陆姜也忍不住笑出了声,扬起下巴指了指远处,“带头闹事的那个,来了。”
梁逢春一愣,“你不说没见人来找她吗?”
陆姜弯了弯眉眼,“我也没说,我没替她去跑腿啊。”
梁逢春噎住,还想着要说些什么挽回面子,不过,季寒已来到他们面前。
“真凶和案件的始末,都已写在卷宗最后,要怎么抓,怎么判,梁提刑回去与傅尚书、祝提刑一同商量吧。”
交还卷宗,她捏了捏眉心,转身正欲离开。
“等等,”梁逢春叫住她,“这些,可有证据?”
“没有。”
拿着的卷宗顿时变得烫手,“没有证据,如何定罪?”梁逢春不禁沉声问道。
“我只承诺会告诉你们凶手是谁,从未答应将证据一并奉上。”不客气地回道,季寒视若无睹他骤变的脸色,抬脚踩下台阶。
眼见她越走越远,梁逢春铁青着脸打开了卷宗,最后一页上赫然写着凶手的名字,以及主谋的身份。
同时,也诚如他们预料之中,无法轻易定罪之人。无言望天,案子结了和没结,又有什么两样?

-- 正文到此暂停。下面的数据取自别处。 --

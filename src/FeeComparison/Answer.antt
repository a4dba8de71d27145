-- ===== src/FeeComparison/Answer.antt =====
-- packages/ai-core/src/ai_core/tools/fees_compare.py: one value for each target or month, their
-- differences, and the texts of the card. How numbers are printed is a parameter.
use liviq.Base.{
  ℕ, ◌+◌, ◌-◌, Bool, false, ◌||◌, not, Option, none, some, List, [], ◌∷◌, ◌++◌, map, if◌then◌else◌,
  ◌==◌, ltb, leb, is_empty, filter, length, Text, codes, text_eq, strip, join, drop, take,
}
use mathlib.Core.List.{reverse}
use liviq.Base.Int.{ℤ, pos, negsuc, pos_part, neg_part}
use liviq.Base.Decimal.{dec}
use liviq.FeeComparison.{
  Queries, TotalRow, TargetKind, CompareRow, Resolved, dong, complex, min_peer_sample,
  complex_scope, self_scope, label_of, unavailable, found, of_item, self_target, self_household,
  latest_confirmed_period,
}
use liviq.FeeComparison.Arguments.{
  CompareFeesArgs, Reading, min_periods, target_tokens, requested_periods, requested_period,
  is_period_axis,
}

-- `int(x) - int(y)`
abbrev pub minus : ℤ → ℤ → ℤ
minus x y =
    let up = pos_part x + neg_part y in
    let down = neg_part x + pos_part y in
    if leb down up then pos (up - down) else negsuc (down - up - 1)

abbrev pub is_zero : ℤ → Bool
is_zero (pos n) = n == 0
is_zero (negsuc n) = false

unfoldable pub remove_suffix : Text → Text
remove_suffix scope = elim (reverse scope) [
  | [] ↦ scope
  | c ∷ cs ↦ if c == 46041 then reverse cs else scope
]

unfoldable pub dong_names : (ℕ → Bool) → Text → List Text
dong_names is_space scope =
    let bare = strip is_space (remove_suffix scope) in
    if is_empty bare || text_eq bare scope then scope ∷ [] else bare ∷ scope ∷ []

unfoldable pub known_items : List (Text × Option ℤ) → List (Text × ℤ)
known_items [] = []
known_items ((name, none) ∷ rows) = known_items rows
known_items ((name, some amount) ∷ rows) = (name, amount) ∷ known_items rows

unfoldable pub of_sample :
    Text → TargetKind → ℤ → ℕ → List (Text × Option ℤ) → Option Text → Resolved
of_sample label kind avg sample_size items none = found label kind avg (some sample_size) []
of_sample label kind avg sample_size items (some item) =
    of_item label kind (some sample_size) item (known_items items)

abbrev pub counted : Option ℕ → ℕ
counted none = 0
counted (some n) = n

unfoldable pub of_average :
    Text → TargetKind → ℕ → List (Text × Option ℤ) → Option Text → Option ℤ → Resolved
of_average label kind sample_size items item none = unavailable label kind (codes "관리비 데이터 없음") []
of_average label kind sample_size items item (some avg) =
    if sample_size == 0
    then unavailable label kind (codes "관리비 데이터 없음") []
    else if ltb sample_size min_peer_sample
    then unavailable label kind (codes "표본 " ++ (dec sample_size ++ codes "세대로 적어 비교 제외")) []
    else of_sample label kind avg sample_size items item

-- The aggregate of a building or of the complex, for samples that are large enough only
unfoldable pub aggregate :
    Text → TargetKind → Option TotalRow → List (Text × Option ℤ) → Option Text → Resolved
aggregate label kind none items item = unavailable label kind (codes "관리비 데이터 없음") []
aggregate label kind (some row) items item =
    of_average label kind (counted row.sample_size) items item row.avg_total

-- What Python prints: `f"{n:,}"`, and a rate of change, `round(d / b * 100, 1)`.
pub record Printing (R : Type 0) : Type 0 where
  pub money : ℤ → Text
  pub rate : ℤ → ℤ → R
  pub is_increase : R → Bool
  pub shown : R → Text

pub record FeeCard (R : Type 0) : Type 0 where
  pub title : Text
  pub quote : Text
  pub period : Text
  pub item : Text
  pub rows : List CompareRow
  pub base_label : Text
  pub diffs : List (Text × ℤ)
  -- the subject and the change, where months are compared
  pub change : Option (Text × Option R)

pub data FeeAnswer (R : Type 0) : Type 0 where
  card : FeeCard R → FeeAnswer R
  note : Text → FeeAnswer R

unfoldable pub ambiguous_note : Text → List Resolved → Text
ambiguous_note item [] = []
ambiguous_note item (r ∷ rs) =
    let rest = ambiguous_note item rs in
    if is_empty r.candidates
    then rest
    else codes "'"
      ++ (item
          ++ (codes "'에 해당하는 항목이 여러 개입니다: "
              ++ (join (codes ", ") r.candidates ++ codes ". 하나를 정확히 지정해 주세요.")))

unfoldable pub item_label : List Resolved → Text
item_label [] = []
item_label (r ∷ rs) = let rest = item_label rs in if is_empty r.item_name then rest else r.item_name

unfoldable pub comparable : List CompareRow → List (Text × ℤ)
comparable [] = []
comparable (r ∷ rs) = elim r.amount [
  | none ↦ comparable rs
  | some amount ↦ (r.label, amount) ∷ comparable rs
]

abbrev pub reasons : List CompareRow → Text
reasons rows = join (codes ", ") (
    map (λ (r : CompareRow). r.label ++ (32 ∷ r.note))
      (filter (λ (r : CompareRow). not (is_empty r.note)) rows))

-- The differences from a base
abbrev pub diffs_from : ℤ → List (Text × ℤ) → List (Text × ℤ)
diffs_from base others = map (λ (r : Text × ℤ). (r.0, minus base r.1)) others

module _ (reading : Reading) (q : Queries) where
  open reading use {is_space}

  unfoldable pub scope_target : Text → Text → Option Text → Resolved
  scope_target token period item =
      if text_eq token complex_scope
      then aggregate (label_of token) complex (q.complex_total period) (q.complex_items period) item
      else aggregate (label_of token) dong (q.dong_total (dong_names is_space token) period)
          (q.dong_items (dong_names is_space token) period) item

  unfoldable pub resolve_target : Text → Text → Option Text → Resolved
  resolve_target token period item =
      if text_eq token self_scope then self_target q period item else scope_target token period item

  unfoldable pub period_subject : CompareFeesArgs → Text
  period_subject a = elim (target_tokens reading a) [
    | t ∷ _ ↦ t
    | [] ↦ elim (self_household q) [ some _ ↦ self_scope | none ↦ complex_scope ]
  ]

  module _ {R : Type 0} (printing : Printing R) where
    open printing use {money, rate, is_increase, shown}

    abbrev pub plus_sign : Bool → Text
    plus_sign b = if b then 43 ∷ [] else []

    abbrev pub signed : ℤ → Text
    signed amount = plus_sign (neg_part amount == 0) ++ (money amount ++ codes "원")

    unfoldable pub amount_text : CompareRow → Text
    amount_text row = elim row.amount [
      | none ↦ row.label ++ (32 ∷ row.note)
      | some amount ↦ elim row.sample_size [
        | none ↦ row.label ++ (32 ∷ (money amount ++ codes "원"))
        | some n ↦
            row.label
            ++ (codes " 평균 " ++ (money amount ++ (codes "원(표본 " ++ (dec n ++ codes "세대)"))))
      ]
    ]

    abbrev pub labelled : Text → Text
    labelled item = if is_empty item then [] else codes "(" ++ (item ++ codes ")")

    unfoldable pub compare_quote : Text → Text → List CompareRow → Text → List (Text × ℤ) → Text
    compare_quote period item rows base_label diffs =
        (period ++ (codes " 관리비 비교" ++ labelled item))
        ++ (codes " — "
            ++ (join (codes " · ") (map amount_text rows) ++ elim diffs [
              | [] ↦ []
              | d ∷ ds ↦
                  if is_empty ds
                  then codes " · 차이 " ++ signed d.1
                  else codes " · "
                    ++ (base_label
                        ++ (codes " 기준 차이: "
                            ++ join (codes ", ")
                                (map (λ (x : Text × ℤ). x.0 ++ (32 ∷ signed x.1)) (d ∷ ds))))
            ]))

    unfoldable pub change_pct : ℤ → ℤ → Option R
    change_pct before after =
        if is_zero before then none else some (rate (minus after before) before)

    unfoldable pub period_quote :
        Text → Text → List CompareRow → List (Text × ℤ) → Option R → List Text → Text
    period_quote subject item rows diffs pct dropped =
        let rate_text : Text = elim pct [
          | none ↦ []
          | some r ↦ codes "(" ++ (plus_sign (is_increase r) ++ (shown r ++ codes "%)"))
        ] in
        (subject
          ++ (32
              ∷ (join (codes " vs ") (map (λ (r : CompareRow). r.label) rows)
                  ++ (codes " 관리비 비교" ++ labelled item))))
        ++ (codes " — "
            ++ (join (codes " · ") (map amount_text rows)
                ++ (elim diffs [ [] ↦ [] | d ∷ _ ↦ codes " · 증감 " ++ (signed d.1 ++ rate_text) ]
                    ++ (if is_empty dropped
                        then []
                        else codes " · 함께 물은 "
                          ++ (join (codes ", ") dropped ++ codes "은 이번 비교에서 제외(최근 두 달만 비교)")))))

    abbrev pub asked_item : CompareFeesArgs → Text
    asked_item a = elim a.item [ none ↦ codes "None" | some item ↦ item ]

    -- The answer for the rows whose amounts are known
    unfoldable pub targets_card : Text → Text → List CompareRow → List (Text × ℤ) → FeeAnswer R
    targets_card period item rows [] =
        note (period ++ (codes " 관리비를 비교할 수 있는 대상이 없습니다(" ++ (reasons rows ++ codes ").")))
    targets_card period item rows (base ∷ others) =
        let diffs = diffs_from base.1 others in
        card (record {
          title = period ++ codes " 관리비 비교";
          quote = compare_quote period item rows base.0 diffs;
          period = period;
          item = item;
          rows = rows;
          base_label = base.0;
          diffs = diffs;
          change = none;
        })

    unfoldable pub compare_targets : CompareFeesArgs → Text → FeeAnswer R
    compare_targets a period =
        let resolved = map (λ t. resolve_target t period a.item) (target_tokens reading a) in
        let ambiguous = ambiguous_note (asked_item a) resolved in
        let rows = map (λ (r : Resolved). r.row) resolved in
        if is_empty ambiguous
        then targets_card period (item_label resolved) rows (comparable rows)
        else note ambiguous

    -- The rows of the months, each with its month as label.
    unfoldable pub month_rows : List Resolved → List Text → List CompareRow
    month_rows (r ∷ rs) (p ∷ ps) = record r.row { label = p } ∷ month_rows rs ps
    month_rows _ _ = []

    -- The same for months, with the amounts that are known from the last month on
    unfoldable pub months_card :
        Text → List Text → List Text → Text → List CompareRow → List (Text × ℤ) → FeeAnswer R
    months_card subject window dropped item rows [] = note (
        subject
        ++ (32
            ∷ (join (codes " · ") window
                ++ (codes " 관리비를 비교할 수 있는 자료가 없습니다(" ++ (reasons rows ++ codes ").")))))
    months_card subject window dropped item rows (base ∷ others) =
        let label = join (codes " vs ") window in
        let earlier = reverse others in
        let diffs = diffs_from base.1 earlier in
        let pct : Option R = elim earlier [ [] ↦ none | e ∷ _ ↦ change_pct e.1 base.1 ] in
        card (record {
          title = label ++ codes " 관리비 비교";
          quote = period_quote subject item rows diffs pct dropped;
          period = label;
          item = item;
          rows = rows;
          base_label = base.0;
          diffs = diffs;
          change = some (subject, pct);
        })

    unfoldable pub compare_periods : CompareFeesArgs → FeeAnswer R
    compare_periods a =
        let periods = requested_periods reading a in
        let window = drop (length periods - min_periods) periods in
        let dropped = take (length periods - min_periods) periods in
        let token = period_subject a in
        let resolved = map (λ p. resolve_target token p a.item) window in
        let ambiguous = ambiguous_note (asked_item a) resolved in
        let rows = month_rows resolved window in
        if is_empty ambiguous
        then months_card (label_of token) window dropped (item_label resolved) rows
            (reverse (comparable rows))
        else note ambiguous

    -- `a.requested_period() or await latest_confirmed_period(…)`
    abbrev pub chosen_period : CompareFeesArgs → Option Text
    chosen_period a = elim (requested_period reading a) [
      | none ↦ latest_confirmed_period q
      | some period ↦ if is_empty period then latest_confirmed_period q else some period
    ]

    unfoldable pub compare_at : CompareFeesArgs → Option Text → FeeAnswer R
    compare_at a (some period) = compare_targets a period
    compare_at a none = note (codes "조회 가능한 관리비 내역이 없습니다.")

    -- `_compare_fees`
    unfoldable pub compare_fees : CompareFeesArgs → FeeAnswer R
    compare_fees a =
        if is_period_axis reading a then compare_periods a else compare_at a (chosen_period a)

背影落寞,道不出的怨和悔。陆姜目送其离去,同情地叹气。
“戏耍朝廷命官,你胆子愈发地大了,”倚在窗前,看着屋里忙忙碌碌收拾的背影,陆姜好奇道,“不怕等他们明白过来,回头抓你去牢里一直待到褚停云回来?”
她头也不回,“那不正好,合了陆侍郎的心意。”
他怀疑,她甚至连想都没想过此举的冒险之处。“我的心意?”低声嗤笑道,指尖从窗棱滑下,“你如此随心所欲,褚停云知道吗?”
她的身形顿了顿,回过头,“他不用知道。”
眉峰挑起,“你就那么有信心,即便来不及通风报信,他也能将你要的东西找到,并且带回?”一口气说完,陆姜双手抱臂,好整以暇地等着她的回答。
岂料,她神色依旧淡然,还有那么丁点的,无所谓?陆姜怀疑自己看错了,迟疑着,“你不担心他?”
“以他的身份,需要我担心吗?”即便担心,她也不需要他人知晓。
垂眸敛目,陆姜不由笑了声,“的确,”常郡王走的那条路或许艰险,但她才是真正走独木桥的那个,“以他的身份,只要寻到那些东西,未来定是光明坦途。而你……”
陆姜耸肩,“你将面对的,也许只有打道回府。如果,你执意将两个凶手,一并供出。”
“可是,我已经这么做了。”她定定地看着他。而他,并未阻止。
“还有机会改变。”
“如何改变?”
“定一人罪,放过另一个。”
他虽未看过她在那份卷宗最后写下的内容,但凶手早已昭然若揭,只在孰轻孰重。
“七天,你有的是机会改变答案,为何要在卷宗交出后再问?”季寒长呼一口气,“陆姜,哪边的局势于你有利,难道比真相还重要吗?”
“重要。”他望着她。
陆家的未来,比他的性命还重要。
所以他在等,等那些上官在两个主谋之间做出选择。之后,他只需选大势所趋的那一个。
他果然还是那个陆姜,不屑受制于任何人,哪怕是朝廷和官家。
无奈坐下,一抹悲哀自她眼中流露,“你魔怔了。”
“不,我只是比谁都看得清楚,看不清楚的是你,”隔着窗沿,陆姜居高临下地向她伸出手,“跟着我,别再幻想他能回来。他回不来了。”
眼泪,终还是从那双悲伤的眼眸中,落了下来。